* **Problem to work on**: Each record listed below is to be output exactly as written.

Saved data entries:
- - - - -
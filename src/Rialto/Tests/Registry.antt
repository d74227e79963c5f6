-- ===== src/Rialto/Tests/Registry.antt =====
-- A target and a selector against an observation of the registry.
use bps_protocol.Prelude.{◌≡◌, ◌↔◌, true, false, none, some, [], ◌∷◌}
use bps_protocol.Text.{codes}
use bps_protocol.Rialto.Registry.{
  RegistryFeatureObservation, DerivedReplayInput, is_selector, reconcile_registry_target,
  derive_structural_replay,
}
use bps_protocol.Rialto.Registry.Reconciled.{
  IsCurrent, IsListed, reconcile_registry_target_iff, derive_structural_replay_iff,
}
use bps_protocol.Pod.Samples.{alice, bob, bob_upper, pool_wallet, token}

abbrev observation : RegistryFeatureObservation
observation = record {
  registry = some pool_wallet;
  feature = some 3;
  current_router = some bob;
  previous_router = some alice;
  next_router = some token;
  paused = some false;
  block_number = some 77;
  observation_time_utc = none;
}

abbrev input : DerivedReplayInput
input = record {
  chain_id = 4663;
  target = bob_upper;
  selector = codes "0x12AB5678";
  registry = some observation;
  approved_selectors = codes "0x12ab5678" ∷ [];
  selector_abi = none;
}

reconcile_registry_target_iff_example :
    (reconcile_registry_target (some bob_upper) (some observation)).router_reconciled ≡ true
    ↔ IsCurrent bob_upper observation
reconcile_registry_target_iff_example = reconcile_registry_target_iff bob_upper observation

derive_structural_replay_iff_example :
    (derive_structural_replay input).production_structural_approved ≡ true
    ↔ (input.chain_id ≡ 4663)
      × (is_selector input.selector ≡ true)
      × ((reconcile_registry_target (some input.target) input.registry).router_reconciled ≡ true)
      × IsListed input.approved_selectors input.selector
derive_structural_replay_iff_example = derive_structural_replay_iff input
- - - - -
* **Answer box**:
filename src/Rialto/Tests/Registry.antt
repository d74227e79963c5f6
-- ===== src/Rialto/Tests/Registry.antt =====
-- A target and a selector against an observation of the registry.
use bps_protocol.Prelude.{◌≡◌, ◌↔◌, true, false, none, some, [], ◌∷◌}
use bps_protocol.Text.{codes}
use bps_protocol.Rialto.Registry.{
  RegistryFeatureObservation, DerivedReplayInput, is_selector, reconcile_registry_target,
  derive_structural_replay,
}
use bps_protocol.Rialto.Registry.Reconciled.{
  IsCurrent, IsListed, reconcile_registry_target_iff, derive_structural_replay_iff,
}
use bps_protocol.Pod.Samples.{alice, bob, bob_upper, pool_wallet, token}

abbrev observation : RegistryFeatureObservation
observation = record {
  registry = some pool_wallet;
  feature = some 3;
  current_router = some bob;
  previous_router = some alice;
  next_router = some token;
  paused = some false;
  block_number = some 77;
  observation_time_utc = none;
}

abbrev input : DerivedReplayInput
input = record {
  chain_id = 4663;
  target = bob_upper;
  selector = codes "0x12AB5678";
  registry = some observation;
  approved_selectors = codes "0x12ab5678" ∷ [];
  selector_abi = none;
}

reconcile_registry_target_iff_example :
    (reconcile_registry_target (some bob_upper) (some observation)).router_reconciled ≡ true
    ↔ IsCurrent bob_upper observation
reconcile_registry_target_iff_example = reconcile_registry_target_iff bob_upper observation

derive_structural_replay_iff_example :
    (derive_structural_replay input).production_structural_approved ≡ true
    ↔ (input.chain_id ≡ 4663)
      × (is_selector input.selector ≡ true)
      × ((reconcile_registry_target (some input.target) input.registry).router_reconciled ≡ true)
      × IsListed input.approved_selectors input.selector
derive_structural_replay_iff_example = derive_structural_replay_iff input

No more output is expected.